Search code examples
audiosignal-processingfftspectrumonset-detection

Note Onset Detection using Spectral Difference


Im fairly new to onset detection. I read some papers about it and know that when working only with the time-domain, it is possible that there will be a large number of false-positives/negatives, and that it is generally advisable to work with either both the time-domain and frequency-domain or the frequency domain.

Regarding this, I am a bit confused because, I am having trouble on how the spectral energy or the results from the FFT bin can be used to determine note onsets. Because, aren't note onsets represented by sharp peaks in amplitude?

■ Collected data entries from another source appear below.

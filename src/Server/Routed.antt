-- ===== src/Server/Routed.antt =====
-- internal/server/agent_router.go: which agent agents/route answers with, and when it finds none.
use capd.Prelude.{
  either, ℤ, ◌≤◌, String, Bool, true, false, not, ◌&&◌, Option, none, some, List, [], ◌∷◌, length,
  Result, ok, err, ◌>>=◌, ◌>>◌, str_eq, if◌then◌else◌, trim_space, ◌≡◌, refl, sym, subst, arith,
}
use capd.Protocol.{AgentInfo}
use capd.Account.Store.{AccountError, Account, Store, load_account}
use capd.Account.Routing.{Floats, RoutePolicy, normalize_route_task_class}
use capd.Server.Capabilities.{AgentRouteParams, is_empty, route_score, trim_route_preference}
use capd.Server.Candidate.{is_candidate, AgentChoice, best_agent-AgentChoice}
use capd.Server.Routing.{
  RouteReads, RouteError, fresh_without_auto, profile_without_auto, account_reserved, no_accounts,
  no_accounts_in, unknown_account_id, not_codex, agent_unavailable, AgentRouteResult, refuse_if,
  load_codex_account_for_route, trimmed, check_route_params,
}
use capd.Server.RouteAccount.{
  route_account, select_codex_account_for_route, selected, checked_fresh, route_fresh_quota_error,
}
use capd.Server.Suitable.{Choice}
use capd.Server.Suits.{suits-Suitable, Suitable-suits, rank-≡, AgentChoice-Choice}
use capd.Server.RouteAgent.{route_params, routed, found_agent, needed, preference, with_evidence}

abbrev is_unavailable : {F : Type 0} → RouteError F → Bool
is_unavailable agent_unavailable = true
is_unavailable _ = false

-- An answer that does not say that no agent is available.
abbrev Other : {F A : Type 0} → Result (RouteError F) A → Type 0
Other (ok a) = Unit
Other (err e) = is_unavailable e ≡ false

refuse_if-Other :
    {F : Type 0} (b : Bool) (e : RouteError F) → is_unavailable e ≡ false → Other (refuse_if b e)
refuse_if-Other true e h = h
refuse_if-Other false e h = tt

Other->> :
    {F A : Type 0} (r : Result (RouteError F) (Unit {0})) (s : Result (RouteError F) A)
    → Other r
    → Other s
    → Other (r >> s)
Other->> (ok u) s h k = k
Other->> (err e) s h k = h

Other->>= :
    {F A B : Type 0} (r : Result (RouteError F) A) (f : A → Result (RouteError F) B)
    → Other r
    → ((a : A) → Other (f a))
    → Other (r >>= f)
Other->>= (ok a) f h k = k a
Other->>= (err e) f h k = h

check_route_params-Other :
    (F : Type 0) (params : AgentRouteParams) → Other {F = F} (check_route_params params)
unfolding check_route_params
check_route_params-Other F params =
    let auto = str_eq params.account_id "auto" in
    Other->> {F = F} {A = Unit {0}} _ _
      (refuse_if-Other (params.require_fresh_quota && not auto) fresh_without_auto refl)
      (Other->> {F = F} {A = Unit {0}} _ _
        (refuse_if-Other (not (str_eq params.profile "") && not auto) profile_without_auto refl)
        (refuse_if-Other (str_eq (trim_space params.account_id) "all") account_reserved refl))

-- What an answer says of the agents: the one that it names is suitable and none that is ranks higher;
-- or none is suitable.
abbrev pub RouteOutcome :
    {F : Type 0}
    → AgentRouteParams
    → List AgentInfo
    → Result (RouteError F) (AgentRouteResult F)
    → Type 0
RouteOutcome params agents (ok result) = Choice params agents (some result.agent)
RouteOutcome params agents (err e) = if is_unavailable e then Choice params agents none else Unit

module _ {F : Type 0} (fl : Floats F) (fold lower : String → String) (percent : F → String)
    (reads : RouteReads) where
  selected-Other :
      (profile : String) (policy : RoutePolicy F) (st : Store F) (r : Result AccountError Account)
      → Other (selected fl fold percent reads profile policy st r)
  selected-Other profile policy st (ok best) = tt
  selected-Other profile policy st (err e) = go (str_eq profile "")
    where
      go :
          (b : Bool)
          → is_unavailable {F = F} (if b then no_accounts else no_accounts_in profile) ≡ false
      go true = refl
      go false = refl

  select-Other :
      (profile : String) (policy : RoutePolicy F) (st : Option (Store F))
      → Other (select_codex_account_for_route fl fold percent reads profile policy st)
  unfolding select_codex_account_for_route
  select-Other profile policy none = refl
  select-Other profile policy (some st) = selected-Other (trim_space profile) policy st _

  checked_fresh-Other :
      (params : AgentRouteParams) (policy : RoutePolicy F) (st : Option (Store F))
      (chosen : Account × String)
      → Other (checked_fresh fl fold percent reads params policy st chosen)
  unfolding route_fresh_quota_error
  checked_fresh-Other params policy none chosen = tt
  checked_fresh-Other params policy (some st) chosen = go _
    where
      go :
          (b : Bool)
          → Other (
              if b
              then err
                  (route_fresh_quota_error fl fold percent reads chosen.0 params.profile policy st)
              else ok chosen)
      go true = refl
      go false = tt

  load-Other :
      (account_id : String) (st : Option (Store F))
      → Other (load_codex_account_for_route reads.account account_id st)
  unfolding load_codex_account_for_route
  load-Other account_id none = refl
  load-Other account_id (some st) = go (load_account reads.account account_id st)
    where
      kept :
          (b : Bool) (acc : Account)
          → Other {F = F} (if b then ok acc else err (not_codex account_id))
      kept true acc = tt
      kept false acc = refl

      go :
          (r : Result AccountError Account)
          → Other {F = F} (elim r [
            | err e ↦ err (unknown_account_id account_id)
            | ok acc ↦ if str_eq acc.provider "codex" then ok acc else err (not_codex account_id)
          ])
      go (err e) = refl
      go (ok acc) = kept (str_eq acc.provider "codex") acc

  route_account-Other :
      (params : AgentRouteParams) (policy : RoutePolicy F) (st : Option (Store F))
      → Other (route_account fl fold percent reads params policy st)
  unfolding route_account
  route_account-Other params policy st = either Other (str_eq params.account_id "") tt (
      either Other (str_eq params.account_id "auto")
        (Other->>= _ _ (select-Other params.profile policy st)
          (λ chosen. Other->>= _ _ (checked_fresh-Other params policy st chosen) (λ fresh. tt)))
        (Other->>= _ _ (load-Other params.account_id st) (λ acc. tt)))

  -- With an account the agent has to be Codex.
  abbrev pub suits : AgentRouteParams → AgentInfo → Bool
  suits params agent =
      is_candidate (not (str_eq params.account_id "")) (needed fl fold lower percent reads params)
        agent

  abbrev pub value : AgentRouteParams → AgentInfo → ℤ
  value params agent = route_score agent (preference fl fold lower percent reads params)

  chosen-Choice :
      (params : AgentRouteParams) (agents : List AgentInfo) (found : Option AgentInfo)
      → AgentChoice (suits params) (value params) agents found
      → Choice params agents found
  chosen-Choice params =
      AgentChoice-Choice (suits params) (value params) params
        (λ agent. suits-Suitable fl fold lower percent reads params agent)
        (λ agent. Suitable-suits fl fold lower percent reads params agent)
        (λ agent. rank-≡ fl fold lower percent reads params agent)

  other-RouteOutcome :
      (params : AgentRouteParams) (agents : List AgentInfo) (e : RouteError F)
      → is_unavailable e ≡ false
      → RouteOutcome params agents (err e)
  other-RouteOutcome params agents e h =
      subst (λ b. if b then Choice params agents none else Unit) (sym h) tt

  found_agent-RouteOutcome :
      (params : AgentRouteParams) (agents : List AgentInfo)
      (result : AgentInfo → AgentRouteResult F) (found : Option AgentInfo)
      → ((agent : AgentInfo) → (result agent).agent ≡ agent)
      → Choice params agents found
      → RouteOutcome params agents (found_agent fl fold lower percent reads result found)
  found_agent-RouteOutcome params agents result none same h = h
  found_agent-RouteOutcome params agents result (some agent) same h =
      subst (λ a. Choice params agents (some a)) (sym (same agent)) h

  after-RouteOutcome :
      {A : Type 0} (params : AgentRouteParams) (agents : List AgentInfo)
      (r : Result (RouteError F) A) (f : A → Result (RouteError F) (AgentRouteResult F))
      → Other r
      → ((a : A) → RouteOutcome params agents (f a))
      → RouteOutcome params agents (r >>= f)
  after-RouteOutcome params agents (ok a) f h k = k a
  after-RouteOutcome params agents (err e) f h k = other-RouteOutcome params agents e h

  agent-with_evidence :
      (profile : String) (policy : RoutePolicy F) (st : Option (Store F))
      (chosen : Option (Account × String)) (result : AgentRouteResult F)
      → (with_evidence fl fold lower percent reads profile policy st chosen result).agent
        ≡ result.agent
  agent-with_evidence profile policy none chosen result = refl
  agent-with_evidence profile policy (some st) none result = refl
  agent-with_evidence profile policy (some st) (some (acc, why)) result = ground (arith)

  length-preference :
      (params : AgentRouteParams)
      → length params.prefer ≤ 1000
      → length (preference fl fold lower percent reads params) ≤ 1000
  length-preference params h =
      either (λ xs. length xs ≤ 1000) (not (str_eq params.account_id "")) (omega arith)
        (either (λ xs. length xs ≤ 1000) (is_empty params.prefer) (omega arith) h)

  routed-RouteOutcome :
      (params : AgentRouteParams) (st : Option (Store F)) (agents : List AgentInfo)
      → length params.prefer ≤ 1000
      → RouteOutcome params agents (routed fl fold lower percent reads params st agents)
  routed-RouteOutcome params st agents h =
      after-RouteOutcome params agents (check_route_params params) (λ u. _)
        (check_route_params-Other F params)
        (λ u.
          after-RouteOutcome params agents (route_account fl fold percent reads params _ st) _
            (route_account-Other params _ st)
            (λ chosen.
              found_agent-RouteOutcome params agents _ _
                (λ agent. agent-with_evidence params.profile _ st chosen _)
                (chosen-Choice params agents _ (
                  best_agent-AgentChoice (not (str_eq params.account_id ""))
                    (needed fl fold lower percent reads params)
                    (preference fl fold lower percent reads params) agents
                    (length-preference params h)))))

length-trim_route_preference :
    (prefer : List String) → length (trim_route_preference prefer) ≤ length prefer
unfolding trim_route_preference
length-trim_route_preference [] = omega arith
length-trim_route_preference (raw ∷ prefer) = ground (arith, length-trim_route_preference prefer)

-- With at most 1000 preferences in the trimmed request: where agents/route answers with an agent, that
-- is one of those found and is suitable, and no suitable one of them ranks higher; and it answers that
-- no agent is available only where none of them is suitable. Suitable is an available agent with each
-- capability that the request sets or that its model, its effort, its attachments or its account asks
-- for, and, with an account, only Codex. An agent ranks by the number of its capabilities, and one at
-- place `i` of the preferences by 1000 - i more.
pub route_params-RouteOutcome :
    {F : Type 0} (fl : Floats F) (fold lower : String → String) (percent : F → String)
    (reads : RouteReads) (params : AgentRouteParams) (st : Option (Store F))
    (agents : List AgentInfo)
    → length params.prefer ≤ 1000
    → RouteOutcome
        (trimmed (normalize_route_task_class fl fold) params)
        agents
        (route_params fl fold lower percent reads params st agents)
unfolding route_params
route_params-RouteOutcome fl fold lower percent reads params st agents h =
    routed-RouteOutcome fl fold lower percent reads
      (trimmed (normalize_route_task_class fl fold) params) st agents
      (omega (arith, h, length-trim_route_preference params.prefer))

Can someone enlighten me on this? Thank you!


Solution

  • You can look at sharp differences in amplitude at a specific frequency as suspected sound onsets. For instance if a flute switches from playing a G5 to playing a C, there will be a sharp drop in amplitude of the spectrum at around 784 Hz.

    If you don't know what frequency to examine, the magnitude of an FFT vector will give you the amplitude of every frequency over some window in time (with a resolution dependent on the length of the time window). Pick your frequency, or a bunch of frequencies, and diff two FFTs of two different time windows. That might give you something that can be used as part of a likelihood estimate for a sound onset or change somewhere between the two time windows. Sliding the windows or successive approximation of their location in time might help narrow down the time of a suspected note onset or other significant change in the sound.